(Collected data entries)
-*-

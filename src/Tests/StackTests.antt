-- ===== src/Tests/StackTests.antt =====
-- The stack: runs, and the theorems at concrete inputs.
use sysu_ysosv.Prelude.{true, [], ◌∷◌, arith}
use sysu_ysosv.Memory.X86.{Mem}
use sysu_ysosv.Vm.Stack.{Stack, handle_stack_fault}
use sysu_ysosv.Vm.Stack.Growth.{Handles, handle_stack_fault-Handles}
use sysu_ysosv.Tests.Machine.{machine, machine_laws, blank}

-- The initial stack of process 2.
abbrev second : Stack
second = record { range = record { start = 0x3ffefffff; end = 0x3fff00000 }; usage = 1 }

-- Two frames are free.
abbrev memory : Mem machine.Table
memory = blank (0x1000 ∷ 0x2000 ∷ [])

handle_stack_fault-Handles_example :
    Handles machine machine_laws 9 true 0x3ffeffffe500 second memory
      (handle_stack_fault machine 9 true 0x3ffeffffe500 second memory)
handle_stack_fault-Handles_example =
    handle_stack_fault-Handles machine machine_laws 9 true 0x3ffeffffe500 second memory
      (omega arith) (omega arith)
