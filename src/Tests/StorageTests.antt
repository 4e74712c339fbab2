-- ===== src/Tests/StorageTests.antt =====
-- Partitions: runs, and the theorems at concrete inputs.
use sysu_ysosv.Prelude.{
  zero, suc, ℕ, ◌≡◌, refl, List, [], ◌∷◌, arith, replicate, ◌==◌, if◌then◌else◌, returns,
}
use sysu_ysosv.Prelude.Result.{ok}
use sysu_ysosv.Storage.Device.{BlockDevice, IsStorage}
use sysu_ysosv.Storage.Partition.{Partition, window, window-IsStorage}
use sysu_ysosv.Storage.Fat.{Fat16, get_next_cluster}
use sysu_ysosv.Storage.Mbr.{partitions, end_cylinder, end_sector, Bytes}

-- A disk whose blocks are lists of bytes.
abbrev disk : BlockDevice
disk = record {
  State = ℕ → List ℕ;
  Block = List ℕ;
  block_count = λ s. ok 100;
  read_block = λ i s. ok (s i);
  write_block = λ i b s. ok (λ j. if j == i then b else s j);
}

disk-IsStorage : IsStorage disk
disk-IsStorage = record { written = λ i j b s s' e. ground arith }

abbrev first : Partition
first = record { offset = 10; size = 5 }

abbrev second : Partition
second = record { offset = 15; size = 5 }

window-IsStorage_example : IsStorage (window disk first)
window-IsStorage_example = window-IsStorage disk disk-IsStorage first (omega arith)

abbrev empty : disk.State
empty j = []

abbrev filled : disk.State
filled j = if j == 11 then 7 ∷ [] else []

-- The entry of the source's own test.
abbrev entry : List ℕ
entry =
    0x80 ∷ 0x01 ∷ 0x01 ∷ 0x00 ∷ 0x0b ∷ 0xfe ∷ 0xbf ∷ 0xfc ∷ 0x3f ∷ 0x00 ∷ 0x00 ∷ 0x00 ∷ 0x7e ∷ 0x86
    ∷ 0xbb ∷ 0x00 ∷ []

entry-fields :
    (end_cylinder entry ≡ 764)
    × (end_sector entry ≡ 63)
    × (partitions (entry ∷ []) ≡ record { offset = 63; size = 12289662 } ∷ [])
unfolding end_cylinder end_sector partitions
entry-fields = (refl, refl, refl)

entry-Bytes : Bytes entry
entry-Bytes = ground arith

abbrev boot_block : List ℕ
boot_block = replicate 512 0

abbrev zeros : disk.State
zeros j = boot_block

-- A volume whose first entries of the table are 0, the end mark, and cluster 5.
abbrev table : List ℕ
table = 0 ∷ 0 ∷ 0xFF ∷ 0xFF ∷ 5 ∷ 0 ∷ replicate 506 0

abbrev fat : Fat16
fat = record { bpb = boot_block; fat_start = 1; first_data_sector = 40; first_root_dir_sector = 8 }

next_of_5 : get_next_cluster disk (λ b. b) fat 2 (λ j. table) ≡ returns (ok 5)
unfolding get_next_cluster
next_of_5 = refl

zeros-Bytes : (n : ℕ) → Bytes (replicate n 0)
zeros-Bytes zero = tt
zeros-Bytes (suc n) = (omega arith, zeros-Bytes n)

table-Bytes : Bytes table
table-Bytes = (
  omega arith,
  (omega arith, (omega arith, (omega arith, (omega arith, (omega arith, zeros-Bytes 506))))),
)
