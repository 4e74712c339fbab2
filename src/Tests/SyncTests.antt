-- ===== src/Tests/SyncTests.antt =====
-- Semaphores: runs, and the theorems at concrete inputs.
use sysu_ysosv.Prelude.{◌+◌, ◌≡◌, refl, inr, [], ◌∷◌, ◌++◌, arith}
use sysu_ysosv.Sync.{Semaphore, ok, block, wake_up, Sems}
use sysu_ysosv.Sync.Trace.{
  waits, signals, run, woken, blocked, passed, IsTight, run-IsTight, run-order, run-conserves, Call,
}
use sysu_ysosv.Prelude.{List}

abbrev one : Semaphore
one = record { count = 1; wait_queue = [] }

abbrev calls : List Call
calls = waits 3 ∷ waits 4 ∷ waits 5 ∷ signals ∷ signals ∷ signals ∷ []

run-calls : (run one calls).0 ≡ ok ∷ block 4 ∷ block 5 ∷ wake_up 4 ∷ wake_up 5 ∷ ok ∷ []
unfolding run
run-calls = refl

run-IsTight_example : IsTight (run one calls).1
run-IsTight_example = run-IsTight one calls (inr refl)

run-order_example :
    woken (run one calls).0 ++ (run one calls).1.wait_queue ≡ blocked (run one calls).0
run-order_example = run-order one calls

run-conserves_example : 4 ≡ (run one calls).1.count + passed calls (run one calls).0
run-conserves_example = run-conserves one calls (omega arith)

-- Key 7 holds a semaphore for which process 4 waits.
abbrev sems : Sems
sems = (7, record { count = 0; wait_queue = 4 ∷ [] }) ∷ []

-*-

YOUR TASK>
Exactly as shown above, return all of the entries.

RESULT>
filename src/Tests/StackTests.antt
-- ===== src/Tests/StackTests.antt =====
-- The stack: runs, and the theorems at concrete inputs.
use sysu_ysosv.Prelude.{true, [], ◌∷◌, arith}
use sysu_ysosv.Memory.X86.{Mem}
use sysu_ysosv.Vm.Stack.{Stack, handle_stack_fault}
use sysu_ysosv.Vm.Stack.Growth.{Handles, handle_stack_fault-Handles}
use sysu_ysosv.Tests.Machine.{machine, machine_laws, blank}

-- The initial stack of process 2.
abbrev second : Stack
second = record { range = record { start = 0x3ffefffff; end = 0x3fff00000 }; usage = 1 }

-- Two frames are free.
abbrev memory : Mem machine.Table
memory = blank (0x1000 ∷ 0x2000 ∷ [])

handle_stack_fault-Handles_example :
    Handles machine machine_laws 9 true 0x3ffeffffe500 second memory
      (handle_stack_fault machine 9 true 0x3ffeffffe500 second memory)
handle_stack_fault-Handles_example =
    handle_stack_fault-Handles machine machine_laws 9 true 0x3ffeffffe500 second memory
      (omega arith) (omega arith)
filename src/Tests/StorageTests.antt
repository 4e74712c339fbab2
-- ===== src/Tests/StorageTests.antt =====
-- Partitions: runs, and the theorems at concrete inputs.
use sysu_ysosv.Prelude.{
  zero, suc, ℕ, ◌≡◌, refl, List, [], ◌∷◌, arith, replicate, ◌==◌, if◌then◌else◌, returns,
}
use sysu_ysosv.Prelude.Result.{ok}
use sysu_ysosv.Storage.Device.{BlockDevice, IsStorage}
use sysu_ysosv.Storage.Partition.{Partition, window, window-IsStorage}
use sysu_ysosv.Storage.Fat.{Fat16, get_next_cluster}
use sysu_ysosv.Storage.Mbr.{partitions, end_cylinder, end_sector, Bytes}

-- A disk whose blocks are lists of bytes.
abbrev disk : BlockDevice
disk = record {
  State = ℕ → List ℕ;
  Block = List ℕ;
  block_count = λ s. ok 100;
  read_block = λ i s. ok (s i);
  write_block = λ i b s. ok (λ j. if j == i then b else s j);
}

disk-IsStorage : IsStorage disk
disk-IsStorage = record { written = λ i j b s s' e. ground arith }

abbrev first : Partition
first = record { offset = 10; size = 5 }

abbrev second : Partition
second = record { offset = 15; size = 5 }

window-IsStorage_example : IsStorage (window disk first)
window-IsStorage_example = window-IsStorage disk disk-IsStorage first (omega arith)

abbrev empty : disk.State
empty j = []

abbrev filled : disk.State
filled j = if j == 11 then 7 ∷ [] else []

-- The entry of the source's own test.
abbrev entry : List ℕ
entry =
    0x80 ∷ 0x01 ∷ 0x01 ∷ 0x00 ∷ 0x0b ∷ 0xfe ∷ 0xbf ∷ 0xfc ∷ 0x3f ∷ 0x00 ∷ 0x00 ∷ 0x00 ∷ 0x7e ∷ 0x86
    ∷ 0xbb ∷ 0x00 ∷ []

entry-fields :
    (end_cylinder entry ≡ 764)
    × (end_sector entry ≡ 63)
    × (partitions (entry ∷ []) ≡ record { offset = 63; size = 12289662 } ∷ [])
unfolding end_cylinder end_sector partitions
entry-fields = (refl, refl, refl)

entry-Bytes : Bytes entry
entry-Bytes = ground arith

abbrev boot_block : List ℕ
boot_block = replicate 512 0

abbrev zeros : disk.State
zeros j = boot_block

-- A volume whose first entries of the table are 0, the end mark, and cluster 5.
abbrev table : List ℕ
table = 0 ∷ 0 ∷ 0xFF ∷ 0xFF ∷ 5 ∷ 0 ∷ replicate 506 0

abbrev fat : Fat16
fat = record { bpb = boot_block; fat_start = 1; first_data_sector = 40; first_root_dir_sector = 8 }

next_of_5 : get_next_cluster disk (λ b. b) fat 2 (λ j. table) ≡ returns (ok 5)
unfolding get_next_cluster
next_of_5 = refl

zeros-Bytes : (n : ℕ) → Bytes (replicate n 0)
zeros-Bytes zero = tt
zeros-Bytes (suc n) = (omega arith, zeros-Bytes n)

table-Bytes : Bytes table
table-Bytes = (
  omega arith,
  (omega arith, (omega arith, (omega arith, (omega arith, (omega arith, zeros-Bytes 506))))),
)
repository 4e74712c339fbab2
filename src/Tests/SyncTests.antt
-- ===== src/Tests/SyncTests.antt =====
-- Semaphores: runs, and the theorems at concrete inputs.
use sysu_ysosv.Prelude.{◌+◌, ◌≡◌, refl, inr, [], ◌∷◌, ◌++◌, arith}
use sysu_ysosv.Sync.{Semaphore, ok, block, wake_up, Sems}
use sysu_ysosv.Sync.Trace.{
  waits, signals, run, woken, blocked, passed, IsTight, run-IsTight, run-order, run-conserves, Call,
}
use sysu_ysosv.Prelude.{List}

abbrev one : Semaphore
one = record { count = 1; wait_queue = [] }

abbrev calls : List Call
calls = waits 3 ∷ waits 4 ∷ waits 5 ∷ signals ∷ signals ∷ signals ∷ []

run-calls : (run one calls).0 ≡ ok ∷ block 4 ∷ block 5 ∷ wake_up 4 ∷ wake_up 5 ∷ ok ∷ []
unfolding run
run-calls = refl

run-IsTight_example : IsTight (run one calls).1
run-IsTight_example = run-IsTight one calls (inr refl)

run-order_example :
    woken (run one calls).0 ++ (run one calls).1.wait_queue ≡ blocked (run one calls).0
run-order_example = run-order one calls

run-conserves_example : 4 ≡ (run one calls).1.count + passed calls (run one calls).0
run-conserves_example = run-conserves one calls (omega arith)

-- Key 7 holds a semaphore for which process 4 waits.
abbrev sems : Sems
sems = (7, record { count = 0; wait_queue = 4 ∷ [] }) ∷ []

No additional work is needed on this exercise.